這樣下去她吃棗藥丸……鐘梓星大口喘氣,望著前面男人的背影,終于覺得有幾分眼熟。
剛剛驚鴻一瞥……黑發,略卷,眼瞳偏藍,下巴上殘存著青茬,個子不算高……
「我們是不是住在一棟樓里?」她忍不住提問。
「一棟樓?真的?我不記得。」男人一躍越過兩棟樓之間的間隙,回頭看了眼遠處,「他跟上來了快點!」
「停、停下!」鐘梓星實在跑不動了,她撐著膝蓋氣喘吁吁,聲音斷斷續續,「告訴我你是誰!」
男人有點不耐煩,語速快得要飛起︰「恕我直言這對我們現在的處境有幫助嗎?」
「有關系,這決定了我要不要幫你。」鐘梓星掀了掀眼皮。
「你?你能幫我什麼?」
鐘梓星不說話。
僵持兩秒,男人沒轍地扯扯嘴角,找了圈下樓的消防梯,一邊向下攀爬一邊回答︰「好吧,J•丹尼爾•阿特拉斯,你應該听過我的名字。」
……沒听過。
鐘梓星看看男人一臉的漫不經心,似乎真的對「你肯定知道我」信心十足,不由得有點牙疼。

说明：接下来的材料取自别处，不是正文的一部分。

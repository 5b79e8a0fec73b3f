-- ===== src/Jobs/Approvals/Exports.antt =====
-- `create_approval`, `consume_approval` and `consume_export_idempotent` of `MemoryJobStore`.
use Prim.Native.String.{◌++◌ as str_append}
use lil_tweak.Prelude.{
  ℕ, ◌+◌, Bool, true, false, not, ◌&&◌, ◌||◌, String, Option, some, none, List, [], ◌∷◌, any, ltb,
  nat_eq, if◌then◌else◌, ◌==◌, string_Eq, nat_Eq, pair_Eq, option_Eq, ok, err, ◌>>=◌, ◌>>◌, guard,
}
use lil_tweak.Prelude.Text.{codes, is_upper, is_lower, is_digit, is_hex_text}
use lil_tweak.Prelude.Table.{get, put}
use lil_tweak.Json.{Json, Fields, bool, nat, get_field, is_text}
use lil_tweak.Json.Equality.{fields_equal}
use lil_tweak.Contracts.{JobState, applying, completed}
use lil_tweak.State.{no_evidence}
use lil_tweak.Jobs.Model.{
  idempotency_conflict, invalid_approval, Answer, Job, Approval, JobStore, approval_key_Eq, Turn,
  moved_to,
}
use lil_tweak.Jobs.Events.{validated_event_data, append_event_locked}
use lil_tweak.Jobs.Approvals.{required, fields_of, key_of, is_fresh_key, export_action, moved_job}

-- `create_approval`: the approval that the arguments describe, for a job at its revision.
unfoldable pub create_approval : Approval → ℕ → JobStore → Turn Approval
create_approval a now s = elim (get a.job_id s.jobs) [
  | none ↦ (err invalid_approval, s)
  | some job ↦
      if not (
        job.owner_id == a.owner_id
        && nat_eq job.revision a.revision
        && job.proposal_digest == some a.proposal_digest
        && job.source_digest == some a.source_digest
        && ltb now a.expires_at
        && is_hex_text 64 a.token_hash)
      then (err invalid_approval, s)
      else if not (is_fresh_key a s)
      then (err invalid_approval, s)
      else let approval = record a { consumed = false; consumed_at = none } in
        (
          ok approval,
          record s {
            approvals = put a.token_hash approval s.approvals;
            approval_index =
                put {K = String × (ℕ × String)} (key_of a) a.token_hash s.approval_index;
          },
        )
]

-- What a request to use an approval names.
pub record Use : Type 0 where
  pub owner_id : String
  pub job_id : String
  pub revision : ℕ
  pub proposal_digest : String
  pub source_digest : String
  pub policy_version : String
  pub resource_profile : Fields

-- The tests that both uses make of the approval.
unfoldable pub covers : Approval → Use → ℕ → Bool
covers a u now =
    not a.consumed
    && a.owner_id == u.owner_id
    && a.job_id == u.job_id
    && a.proposal_digest == u.proposal_digest
    && a.source_digest == u.source_digest
    && a.policy_version == u.policy_version
    && fields_equal a.resource_profile u.resource_profile
    && ltb now a.expires_at

-- The tests that both uses make of the job.
unfoldable pub stands_at : Job → Use → Bool
stands_at job u =
    job.owner_id == u.owner_id
    && nat_eq job.revision u.revision
    && job.proposal_digest == some u.proposal_digest
    && job.source_digest == some u.source_digest

abbrev pub used : Approval → ℕ → Approval
used a now = record a { consumed = true; consumed_at = some now }

-- `sha256` stands for the hexadecimal SHA-256 of the token's bytes.
unfoldable pub consume_approval : (String → String) → String → Use → ℕ → JobStore → Turn Approval
consume_approval sha256 token u now s = elim (get (sha256 token) s.approvals) [
  | none ↦ (err invalid_approval, s)
  | some a ↦ elim (get u.job_id s.jobs) [
    | none ↦ (err invalid_approval, s)
    | some job ↦
        if covers a u now && nat_eq a.revision u.revision && stands_at job u
        then (ok (used a now), record s { approvals = put (sha256 token) (used a now) s.approvals })
        else (err invalid_approval, s)
  ]
]

-- `[A-Za-z0-9_-]`, and the last character of `_CANONICAL_APPROVAL_TOKEN`.
is_token_char : ℕ → Bool
is_token_char c = is_upper c || is_lower c || is_digit c || nat_eq c b'_' || nat_eq c b'-'

is_last_char : ℕ → Bool
is_last_char c = any (λ d. nat_eq c d) (codes "AEIMQUYcgkosw048")

unfoldable pub is_token_codes : ℕ → List ℕ → Bool
unfolding is_token_char is_last_char
is_token_codes n [] = false
is_token_codes n (c ∷ []) = nat_eq n 42 && is_last_char c
is_token_codes n (c ∷ d ∷ rest) = is_token_char c && is_token_codes (n + 1) (d ∷ rest)

unfoldable pub is_token : String → Bool
unfolding is_token_codes codes
is_token value = is_token_codes 0 (codes value)

-- A request to export, beside the use of the approval.
pub record Export : Type 0 where
  pub idempotency_key : String
  pub request_hash : String
  pub approval_token : String
  pub evidence_name : String
  pub evidence_sha256 : String
  pub evidence_size_bytes : ℕ

abbrev pub is_applying_job : JobState → Bool
is_applying_job applying = true
is_applying_job _ = false

abbrev pub is_completed_job : JobState → Bool
is_completed_job completed = true
is_completed_job _ = false

-- `value == n`, for a number of bytes; sizes are written as integers, and `True` is 1.
abbrev pub is_size : ℕ → Option Json → Bool
is_size n (some (nat m)) = nat_eq m n
is_size n (some (bool b)) = nat_eq n (if b then 1 else 0)
is_size n _ = false

-- The manifest names the evidence with this digest and size.
unfoldable pub has_evidence : Job → Export → Answer (Unit {0})
has_evidence job x = do
  manifest ← required job.evidence_manifest
  descriptor ← required (fields_of (get_field x.evidence_name manifest))
  guard
      (x.evidence_name == "changes.patch"
        && is_text x.evidence_sha256 (get_field "sha256" descriptor)
        && is_size x.evidence_size_bytes (get_field "bytes" descriptor))
      invalid_approval

-- All tests of an export that was not made before.
unfoldable pub exportable :
    Option Approval → Option Job → Use → Export → ℕ → Answer (Approval × Job)
unfolding has_evidence
exportable approval current u x now = do
  a ← required approval
  job ← required current
  guard (covers a u now && a.action == "export_patch" && a.target == "owner_download")
      invalid_approval
  guard (stands_at job u && is_applying_job job.state && not job.approval_consumed) invalid_approval
  has_evidence job x
  ok (a, job)

-- The answer to an export that was made before.
unfoldable pub exported_before : Option Approval → Option Job → Use → ℕ → Answer Job
exported_before approval current u now = do
  a ← required approval
  job ← required current
  guard
      (ltb now a.expires_at
        && job.owner_id == u.owner_id
        && is_completed_job job.state
        && job.approval_consumed)
      invalid_approval
  ok job

abbrev pub export_identity : Use → Export → String × String
export_identity u x = (u.owner_id, str_append "export:" x.idempotency_key)

-- The state with the approval used, the job completed and the decision recorded.
abbrev pub exported : String → Approval → Job → Use → Export → ℕ → JobStore → JobStore
exported hash a job u x now s = record s {
  approvals = put hash (used a now) s.approvals;
  jobs = put u.job_id (record (moved_job job completed now) { approval_consumed = true }) s.jobs;
  decisions =
      put {K = String × String} (export_identity u x) (x.request_hash, u.job_id) s.decisions;
}

unfoldable pub consume_export_idempotent :
    (String → String) → Use → Export → ℕ → JobStore → Turn Job
consume_export_idempotent sha256 u x now s =
    let hash = sha256 x.approval_token in
    let approval = get hash s.approvals in
    let current = get u.job_id s.jobs in
    if not (is_token x.approval_token)
    then (err invalid_approval, s)
    else elim (get {K = String × String} (export_identity u x) s.decisions) [
      | some (decided_hash, decided_id) ↦
          if not (decided_hash == x.request_hash && decided_id == u.job_id)
          then (err idempotency_conflict, s)
          else (exported_before approval current u now, s)
      | none ↦ elim (exportable approval current u x now) [
        | err e ↦ (err e, s)
        | ok (a, job) ↦ elim (moved_to job.state completed no_evidence) [
          | err e ↦ (err e, s)
          | ok target ↦
              let after = exported hash a job u x now s in
              elim (validated_event_data "completed" export_action) [
                | err e ↦ (err e, after)
                | ok checked ↦
                    let (event, logged) =
                      append_event_locked u.job_id "completed" checked now after in
                    (
                      elim event [
                        | err e ↦ err e
                        | ok _ ↦
                            ok (record (moved_job job completed now) { approval_consumed = true })
                      ],
                      logged,
                    )
              ]
        ]
      ]
    ]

看這個自信自己會覺得他是個好人……到自戀的態度,大概他真的覺得自己是個好人吧。
她無奈地按按眉心,揮手趕人︰「你先下去我馬上來。」
丹尼爾狐疑地看了她一眼︰「你確定?這可不是一個理智的決定。」
「閉嘴吧,」鐘梓星忍無可忍翻了個白眼,踹了腳消防梯欄桿,欄桿勾連處瞬間崩碎,「現在,下去。」
伴隨著刺耳的摩擦聲和丹尼爾的驚叫,消防梯緩緩向著對面的樓體倒去, 地撞上牆面,和牆面構成不大的傾斜角。
鐘梓星沒理下面的動靜,她眯起眼凝視著對面屋頂上站定的人影,慢慢調低像素。
對視半響,對方再度舉起槍瞄準她。
幾乎在他扣動扳機的同時,鐘梓星動作毫不停滯,一把彎腰抱住離她最近的屋頂樓梯間。
她把數米高的馬賽克高舉過頭頂,一用力向著對面屋頂丟了過去。